I also assume that you do not give it to me three days after my effort, because then I will appreciate it but will not make any connection with my effort because the feeling will have decreased and it is possible that I will have coped with frustration and/or a lack of motivation with no feedback from you in the face of my effort.

You understand it, the chocolate by itself is not enough to motivate me to reproduce a behavior.

And when no chocolate is available or is likely to be aversive...? Many other elements can reinforce my behaviors and motivate me to reproduce them: massages, playing with confident puppies, drinking herbal tea near a fireplace, walking in a canyon, compliments...

How is it related with dogs?

They work exactly the same!

When you use a treat, how big is it? What taste value? Does your dog receive it in proportion to his/her effort? Is he/she able to accept them fully (without conflict of motivation, without health problem, without feeling of force-feeding…)?

What if you don't use treats, what is available to you? So many things !

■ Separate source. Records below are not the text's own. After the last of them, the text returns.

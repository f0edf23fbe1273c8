-- ===== src/Supervisor/Routing/LeastLoaded.antt =====
-- The default choice of a worker, and the admission test.
use serverless_harness.Base.{
  ℕ, ◌≡◌, refl, sym, subst, ltb→lt, ◌&&◌, ◌≤◌, ◌<◌, ◌↔◌, ◌⊎◌, inl, inr, true, false, none, some,
  List, [], ◌∷◌, ltb, arith, All, In, Bool-cases,
}
use serverless_harness.Supervisor.Routing.{
  WorkerView, consider, least_from, id_of, pick_least_loaded, is_saturated,
}

-- The healthy worker `b` has no more turns in flight than any healthy one of the list, and fewer than
-- each that stands before it.
pub data IsLeast (b : WorkerView) : List WorkerView → Type 0 where
  here :
      {ws : List WorkerView}
      → b.healthy ≡ true
      → All (λ w. w.healthy ≡ true → b.in_flight ≤ w.in_flight) ws
      → IsLeast b (b ∷ ws)
  there :
      {w : WorkerView} {ws : List WorkerView}
      → (w.healthy ≡ true → b.in_flight < w.in_flight)
      → IsLeast b ws
      → IsLeast b (w ∷ ws)

abbrev Keeps : WorkerView → List WorkerView → WorkerView → Type 0
Keeps best ws b =
    ((b ≡ best) × All (λ w. w.healthy ≡ true → best.in_flight ≤ w.in_flight) ws)
    ⊎ ((b.in_flight < best.in_flight) × IsLeast b ws)

Keeps-lighter :
    (best w b : WorkerView) (ws : List WorkerView)
    → w.healthy ≡ true
    → w.in_flight < best.in_flight
    → Keeps w ws b
    → Keeps best (w ∷ ws) b
Keeps-lighter best w b ws up less (inl (e, rest)) =
    inr (rw e less, subst (λ x. IsLeast x (w ∷ ws)) (sym e) (here up rest))
Keeps-lighter best w b ws up less (inr (lt, l)) = inr (omega arith, there (λ _. lt) l)

Keeps-skip :
    (best w b : WorkerView) (ws : List WorkerView)
    → (w.healthy ≡ true → best.in_flight ≤ w.in_flight)
    → Keeps best ws b
    → Keeps best (w ∷ ws) b
Keeps-skip best w b ws skip (inl (e, rest)) = inl (e, (skip, rest))
Keeps-skip best w b ws skip (inr (lt, l)) = inr (lt, there (λ up. let h = skip up in omega arith) l)

consider-lighter :
    (best w : WorkerView)
    → w.healthy ≡ true
    → ltb w.in_flight best.in_flight ≡ true
    → consider (some best) w ≡ some w
unfolding consider
consider-lighter best w up less = ground arith

consider-skip :
    (best w : WorkerView)
    → (w.healthy ≡ false) ⊎ (ltb w.in_flight best.in_flight ≡ false)
    → consider (some best) w ≡ some best
unfolding consider
consider-skip best w skip = ground arith

least_from-some :
    (best : WorkerView) (ws : List WorkerView)
    → (b : WorkerView) × (least_from (some best) ws ≡ some b) × Keeps best ws b
unfolding least_from
least_from-some best [] = (best, refl, inl (refl, tt))
least_from-some best (w ∷ ws) = elim (Bool-cases (w.healthy && ltb w.in_flight best.in_flight)) [
  | inl take ↦
      let (b, e, k) = least_from-some w ws in
      let up : w.healthy ≡ true = ground arith in
      let less : ltb w.in_flight best.in_flight ≡ true = ground arith in
      (b, rw (consider-lighter best w up less) e, Keeps-lighter best w b ws up (ltb→lt _ _ less) k)
  | inr skip ↦
      let (b, e, k) = least_from-some best ws in
      (b, rw (consider-skip best w (ground arith)) e, Keeps-skip best w b ws (ground arith) k)
]

consider-first : (w : WorkerView) → w.healthy ≡ true → consider none w ≡ some w
unfolding consider
consider-first w up = ground arith

consider-down : (w : WorkerView) → w.healthy ≡ false → consider none w ≡ none
unfolding consider
consider-down w down = ground arith

least_from-none :
    (ws : List WorkerView)
    → ((least_from none ws ≡ none) × All (λ w. w.healthy ≡ false) ws)
      ⊎ ((b : WorkerView) × (least_from none ws ≡ some b) × IsLeast b ws)
unfolding least_from
least_from-none [] = inl (refl, tt)
least_from-none (w ∷ ws) = elim (Bool-cases w.healthy) [
  | inl up ↦
      let (b, e, k) = least_from-some w ws in
      inr (b, rw (consider-first w up) e, started w b ws up k)
  | inr down ↦ elim (least_from-none ws) [
    | inl (e, rest) ↦ inl (rw (consider-down w down) e, (down, rest))
    | inr (b, e, l) ↦ inr (b, rw (consider-down w down) e, there (λ up. cc) l)
  ]
]
  where
    started :
        (w b : WorkerView) (ws : List WorkerView)
        → w.healthy ≡ true
        → Keeps w ws b
        → IsLeast b (w ∷ ws)
    started w b ws up (inl (e, rest)) = subst (λ x. IsLeast x (w ∷ ws)) (sym e) (here up rest)
    started w b ws up (inr (lt, l)) = there (λ _. lt) l

-- The choice is the first of the healthy workers with the fewest turns in flight; there is none
-- exactly when no worker is healthy.
pub pick_least_loaded_cases :
    (ws : List WorkerView)
    → ((pick_least_loaded ws ≡ none) × All (λ w. w.healthy ≡ false) ws)
      ⊎ ((b : WorkerView) × (pick_least_loaded ws ≡ some b.id) × IsLeast b ws)
unfolding pick_least_loaded
pick_least_loaded_cases ws = elim (least_from-none ws) [
  | inl (e, rest) ↦ inl (rw (e, id_of), rest)
  | inr (b, e, l) ↦ inr (b, rw (e, id_of), l)
]

pub IsLeast-healthy : {b : WorkerView} {ws : List WorkerView} → IsLeast b ws → b.healthy ≡ true
IsLeast-healthy (here up rest) = up
IsLeast-healthy (there skip l) = IsLeast-healthy l

pub IsLeast-In : {b : WorkerView} {ws : List WorkerView} → IsLeast b ws → In b ws
IsLeast-In (here up rest) = inl refl
IsLeast-In (there skip l) = inr (IsLeast-In l)

-- A pool is saturated exactly when each of its healthy workers is at the cap or above.
pub is_saturated_iff :
    (ws : List WorkerView) (turns_per_worker : ℕ)
    → (is_saturated ws turns_per_worker ≡ true)
      ↔ All (λ w. w.healthy ≡ true → turns_per_worker ≤ w.in_flight) ws
unfolding is_saturated
is_saturated_iff [] s = ground arith
is_saturated_iff (w ∷ ws) s =
    let (to, from) = is_saturated_iff ws s in
    (λ h. (λ up. ground arith, to (ground arith)), λ h. ground (arith, h.0, from h.1))
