-- ===== src/Supervisor/Pool/Views.antt =====
-- The list of views and the array of slots, entry by entry.
use serverless_harness.Base.{
  ℕ, zero, suc, ◌+◌, ◌≡◌, refl, inl, inr, some, List, [], ◌∷◌, arith, In, get_elem?, length, ap,
  subst,
}
use serverless_harness.Supervisor.Routing.{WorkerView}
use serverless_harness.Supervisor.Pool.State.{Slot, Pool, views_from, views, slot_at}

-- The view shows the slot in the array at its id.
pub record Shows (cells : ℕ → Slot) (w : WorkerView) (r : ℕ) : Type 0 where
  pub healthy : w.healthy ≡ (cells r).healthy
  pub in_flight : w.in_flight ≡ (cells r).in_flight

views_from-of :
    (cells : ℕ → Slot) (base i r : ℕ) (rs : List ℕ)
    → get_elem? rs i ≡ some r
    → (w : WorkerView) × In w (views_from base cells rs) × (w.id ≡ base + i) × Shows cells w r
unfolding views_from
views_from-of cells base i r [] h = cc
views_from-of cells base zero r (q ∷ rs) h =
    let same : q ≡ r = cc in
    (
      record { id = base; in_flight = (cells q).in_flight; healthy = (cells q).healthy },
      inl refl,
      omega arith,
      record {
        healthy = ap (λ x. (cells x).healthy) same;
        in_flight = ap (λ x. (cells x).in_flight) same;
      },
    )
views_from-of cells base (suc i) r (q ∷ rs) h =
    let (w, m, e, s) = views_from-of cells (suc base) i r rs h in (w, inr m, omega arith, s)

views_from-slot :
    (cells : ℕ → Slot) (base : ℕ) (rs : List ℕ) (w : WorkerView)
    → In w (views_from base cells rs)
    → (i r : ℕ) × (w.id ≡ base + i) × (get_elem? rs i ≡ some r) × Shows cells w r
unfolding views_from
views_from-slot cells base [] w m = absurd m
views_from-slot cells base (q ∷ rs) w (inl e) = (
  0,
  q,
  omega (arith, ap (λ (v : WorkerView). v.id) e),
  refl,
  record {
    healthy = ap (λ (v : WorkerView). v.healthy) e;
    in_flight = ap (λ (v : WorkerView). v.in_flight) e;
  },
)
views_from-slot cells base (q ∷ rs) w (inr m) =
    let (i, r, e, h, s) = views_from-slot cells (suc base) rs w m in (suc i, r, omega arith, h, s)

-- Every slot of the array has a view.
pub views-of :
    (p : Pool) (id r : ℕ)
    → slot_at p id ≡ some r
    → (w : WorkerView) × In w (views p) × (w.id ≡ id) × Shows p.cells w r
unfolding views
views-of p id r h =
    let (w, m, e, s) = views_from-of p.cells 0 id r p.slots h in (w, m, omega arith, s)

-- Every view is of a slot of the array.
pub views-slot :
    (p : Pool) (w : WorkerView)
    → In w (views p)
    → (r : ℕ) × (slot_at p w.id ≡ some r) × Shows p.cells w r
unfolding views
views-slot p w m =
    let (i, r, e, h, s) = views_from-slot p.cells 0 p.slots w m in
    (r, subst (λ k. get_elem? p.slots k ≡ some r) (let q : i ≡ w.id = omega arith in q) h, s)

length-views_from :
    (base : ℕ) (cells : ℕ → Slot) (rs : List ℕ) → length (views_from base cells rs) ≡ length rs
unfolding views_from
length-views_from base cells [] = refl
length-views_from base cells (r ∷ rs) = ap suc (length-views_from (suc base) cells rs)

pub length-views : (p : Pool) → length (views p) ≡ length p.slots
unfolding views
length-views p = length-views_from 0 p.cells p.slots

Your dog will be the right one to give you the list. What does he/she like? What motivates him/her to reproduce a behavior and what is pleasing to him/her?

In general, depending on the individual, you can find: playing with friends, chasing a bird, being scratched at the base of its tail, playing tug, rolling in leaves or dung, swimming, learning a trick with you, picking up the path to follow in a walk, being warmed up with a hairdryer… The list is limited to your dog's appreciations and your imagination.